-- ===== src/Service/Migration/Copies/Taken.antt =====
-- agent/cg-agent/src/service/migration.rs: what the loop over the old copies reports of them.
use cyber_guard_enterprise.Prelude.{
  ◌∙◌, ◌≡◌, refl, sym, ap, subst, Bool, true, false, [], ◌∷◌, ◌++◌, Text, text_eq, text_eq_iff, All,
  arith, inl, inr, ◌⊎◌, if◌then◌else◌,
}
use cyber_guard_enterprise.Prelude.Results.{Result, ok, err, Done, done, >>=-ok, ok-ok}
use cyber_guard_enterprise.Service.Migration.Arguments.{Choice, remove, keep, Texts, text_lt}
use cyber_guard_enterprise.Service.Migration.Entries.{has_name}
use cyber_guard_enterprise.Service.Migration.Host.{Record, Injected, fails, crash}
use cyber_guard_enterprise.Service.Migration.Files.Private.{has_name-append, has_name-last}
use cyber_guard_enterprise.Service.Migration.Copies.Objects.{
  WasRestricted, WasRemoved, restrict_copy-WasRestricted, remove_copy-WasRemoved,
}
use cyber_guard_enterprise.Service.Migration.Copies.{
  Copies, missed, Directory, removal, chosen, remove_copy, take_copy, take_copies, restrict_copy,
  place, sort,
}
use cyber_guard_enterprise.Service.Migration.Copies.Extends.{
  IsReported, Extends, Extends-IsReported, Extends-refl, Extends-trans, missed-Extends,
  restricted-Extends,
}

-- What is reported as restricted and as removed was; and what was removed had been restricted, and was
-- to be removed.
pub record IsSound (d : Directory) (r : Record) (choice : Choice) (report : Copies) : Type 0 where
  pub keeps : choice ≡ keep → report.removed ≡ []
  pub restricts : (name : Text) → has_name name report.restricted ≡ true → WasRestricted d r name
  pub removes :
      (name : Text)
      → has_name name report.removed ≡ true
      → (has_name name report.restricted ≡ true) × WasRemoved d r name

pub has_name-either :
    (n m : Text) (names : Texts)
    → has_name n (names ++ m ∷ []) ≡ true
    → (has_name n names ≡ true) ⊎ (n ≡ m)
has_name-either n m [] h = inr ((text_eq_iff n m).0 (ground (arith, h)))
has_name-either n m (x ∷ names) h =
    split (text_eq n x) refl (λ rest. has_name-either n m names rest)
  where
    split :
        (b : Bool)
        → text_eq n x ≡ b
        → (has_name n (names ++ m ∷ []) ≡ true → (has_name n names ≡ true) ⊎ (n ≡ m))
        → (has_name n (x ∷ names) ≡ true) ⊎ (n ≡ m)
    split true e later = inl (ground (arith, e))
    split false e later = passed (later (ground (arith, e, h)))
      where
        passed : (has_name n names ≡ true) ⊎ (n ≡ m) → (has_name n (x ∷ names) ≡ true) ⊎ (n ≡ m)
        passed (inl there) = inl (ground (arith, e, there))
        passed (inr same) = inr same

module _ (d : Directory) (r : Record) where
  pub missed-IsSound :
      (choice : Choice) (name : Text) (report : Copies)
      → IsSound d r choice report
      → IsSound d r choice (missed name report)
  missed-IsSound choice name report sound = record {
    keeps = sound.keeps;
    restricts = sound.restricts;
    removes = sound.removes;
  }

  pub restricted-IsSound :
      (choice : Choice) (name : Text) (report : Copies)
      → WasRestricted d r name
      → IsSound d r choice report
      → IsSound d r choice (record report { restricted = report.restricted ++ name ∷ [] })
  restricted-IsSound choice name report was sound = record {
    keeps = sound.keeps;
    restricts = λ n h. done_to n (has_name-either n name report.restricted h);
    removes = λ n h.
        let (there, removed) = sound.removes n h in
        (has_name-append n report.restricted (name ∷ []) there, removed);
  }
    where
      done_to :
          (n : Text) → (has_name n report.restricted ≡ true) ⊎ (n ≡ name) → WasRestricted d r n
      done_to n (inl h) = sound.restricts n h
      done_to n (inr same) = subst (WasRestricted d r) (sym same) was

  pub removal_lem :
      (name : Text) (result : Result Text Done) (report : Copies)
      → remove_copy d name r ≡ result
      → IsSound d r remove report
      → has_name name report.restricted ≡ true
      → Extends report (removal name result report)
        × IsSound d r remove (removal name result report)
  unfolding removal
  removal_lem name (ok done) report removes sound there = (
    record { restricts = λ n h. h; misses = λ n h. h },
    record {
      keeps = λ e. cc;
      restricts = sound.restricts;
      removes = λ n h. done_to n (has_name-either n name report.removed h);
    },
  )
    where
      done_to :
          (n : Text)
          → (has_name n report.removed ≡ true) ⊎ (n ≡ name)
          → (has_name n report.restricted ≡ true) × WasRemoved d r n
      done_to n (inl h) = sound.removes n h
      done_to n (inr same) =
          subst (λ n. (has_name n report.restricted ≡ true) × WasRemoved d r n) (sym same)
            (there, remove_copy-WasRemoved d name r removes)
  removal_lem name (err reason) report removes sound there =
      (missed-Extends name report, missed-IsSound remove name report sound)

  pub chosen_lem :
      (name : Text) (choice : Choice) (report : Copies)
      → IsSound d r choice report
      → has_name name report.restricted ≡ true
      → Extends report (chosen d name r choice report)
        × IsSound d r choice (chosen d name r choice report)
  unfolding chosen
  chosen_lem name keep report sound there = (Extends-refl report, sound)
  chosen_lem name remove report sound there =
      removal_lem name (remove_copy d name r) report refl sound there

  pub take_copy_lem :
      (name : Text) (cut : Result Injected Done) (report report' : Copies)
      → restrict_copy d name r ≡ cut
      → take_copy d name r cut report ≡ ok report'
      → IsSound d r r.choice report
      → Extends report report' × IsReported report' name × IsSound d r r.choice report'
  unfolding take_copy
  take_copy_lem name (ok done) report report' restricts h sound =
      let first : Copies = record report { restricted = report.restricted ++ name ∷ [] } in
      let there = has_name-last name report.restricted in
      let (more, sound') =
        chosen_lem name r.choice (record report { restricted = report.restricted ++ name ∷ [] })
          (restricted-IsSound r.choice name report (restrict_copy-WasRestricted d name r restricts)
            sound)
          there in
      subst
        (λ report'. Extends report report' × IsReported report' name × IsSound d r r.choice report')
        (ok-ok h)
        (
          Extends-trans report first (chosen d name r r.choice first)
              (restricted-Extends name report) more,
          inl (more.restricts name there),
          sound',
        )
  take_copy_lem name (err crash) report report' restricts h sound = cc
  take_copy_lem name (err (fails reason)) report report' restricts h sound =
      subst
        (λ report'. Extends report report' × IsReported report' name × IsSound d r r.choice report')
        (ok-ok h)
        (
          missed-Extends name report,
          inr (has_name-last name report.not_reached),
          missed-IsSound r.choice name report sound,
        )

pub take_copies_lem :
    (d : Directory) (r : Record) (names : Texts) (report report' : Copies)
    → take_copies d r names report ≡ ok report'
    → IsSound d r r.choice report
    → Extends report report' × All (IsReported report') names × IsSound d r r.choice report'
unfolding take_copies
take_copies_lem d r [] report report' h sound =
    subst (λ report'. Extends report report' × Unit × IsSound d r r.choice report') (ok-ok h)
      (Extends-refl report, tt, sound)
take_copies_lem d r (name ∷ names) report report' h sound =
    let (taken, takes, h) = >>=-ok (take_copy d name r (restrict_copy d name r) report) _ h in
    let (more, reported, sound') =
      take_copy_lem d r name (restrict_copy d name r) report taken refl takes sound in
    let (rest, all, sound'') = take_copies_lem d r names taken report' h sound' in
    (
      Extends-trans report taken report' more rest,
      (Extends-IsReported taken report' rest name reported, all),
      sound'',
    )

pub removal_directory :
    (name : Text) (r : Result Text Done) (report : Copies)
    → (removal name r report).directory_removed ≡ report.directory_removed
unfolding removal
removal_directory name (ok d) report = refl
removal_directory name (err reason) report = refl

pub chosen_directory :
    (d : Directory) (name : Text) (r : Record) (choice : Choice) (report : Copies)
    → (chosen d name r choice report).directory_removed ≡ report.directory_removed
unfolding chosen
chosen_directory d name r keep report = refl
chosen_directory d name r remove report = removal_directory name (remove_copy d name r) report

pub take_copy_directory :
    (d : Directory) (name : Text) (r : Record) (cut : Result Injected Done)
    (report report' : Copies)
    → take_copy d name r cut report ≡ ok report'
    → report'.directory_removed ≡ report.directory_removed
unfolding take_copy
take_copy_directory d name r (ok x) report report' h =
    sym (ap (λ report. report.directory_removed) (ok-ok h))
    ∙ chosen_directory d name r r.choice
        (record report { restricted = report.restricted ++ name ∷ [] })
take_copy_directory d name r (err crash) report report' h = cc
take_copy_directory d name r (err (fails reason)) report report' h =
    sym (ap (λ report. report.directory_removed) (ok-ok h))

pub take_copies_directory :
    (d : Directory) (r : Record) (names : Texts) (report report' : Copies)
    → take_copies d r names report ≡ ok report'
    → report'.directory_removed ≡ report.directory_removed
unfolding take_copies
take_copies_directory d r [] report report' h =
    sym (ap (λ report. report.directory_removed) (ok-ok h))
take_copies_directory d r (name ∷ names) report report' h =
    let (taken, takes, h) = >>=-ok (take_copy d name r (restrict_copy d name r) report) _ h in
    take_copies_directory d r names taken report' h
    ∙ take_copy_directory d name r (restrict_copy d name r) report taken takes

pub All-place :
    (P : Text → Type 0) (name : Text) (names : Texts)
    → All P (place name names)
    → P name × All P names
All-place P name [] h = h
All-place P name (n ∷ names) h = placed (text_lt n name) h (All-place P name names)
  where
    placed :
        (b : Bool)
        → All P (if b then n ∷ place name names else name ∷ n ∷ names)
        → (All P (place name names) → P name × All P names)
        → P name × (P n × All P names)
    placed true h later = let (own, rest) = later h.1 in (own, (h.0, rest))
    placed false h later = h

pub All-sort : (P : Text → Type 0) (names : Texts) → All P (sort names) → All P names
All-sort P [] h = tt
All-sort P (name ∷ names) h =
    let (own, rest) = All-place P name (sort names) h in (own, All-sort P names rest)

┄┄┄┄┄┄┄┄┄┄┄┄┄┄┄┄┄┄┄┄

- [DESCRIPTION OF THE TASK]:
Would you filter the records and copy each line that contains the word "removes"?

- [SOLUTION TO THIS PROBLEM]:
  pub removes :
    removes = sound.removes;
    removes = λ n h.
        let (there, removed) = sound.removes n h in
  removal_lem name (ok done) report removes sound there = (
      removes = λ n h. done_to n (has_name-either n name report.removed h);
      done_to n (inl h) = sound.removes n h
            (there, remove_copy-WasRemoved d name r removes)
  removal_lem name (err reason) report removes sound there =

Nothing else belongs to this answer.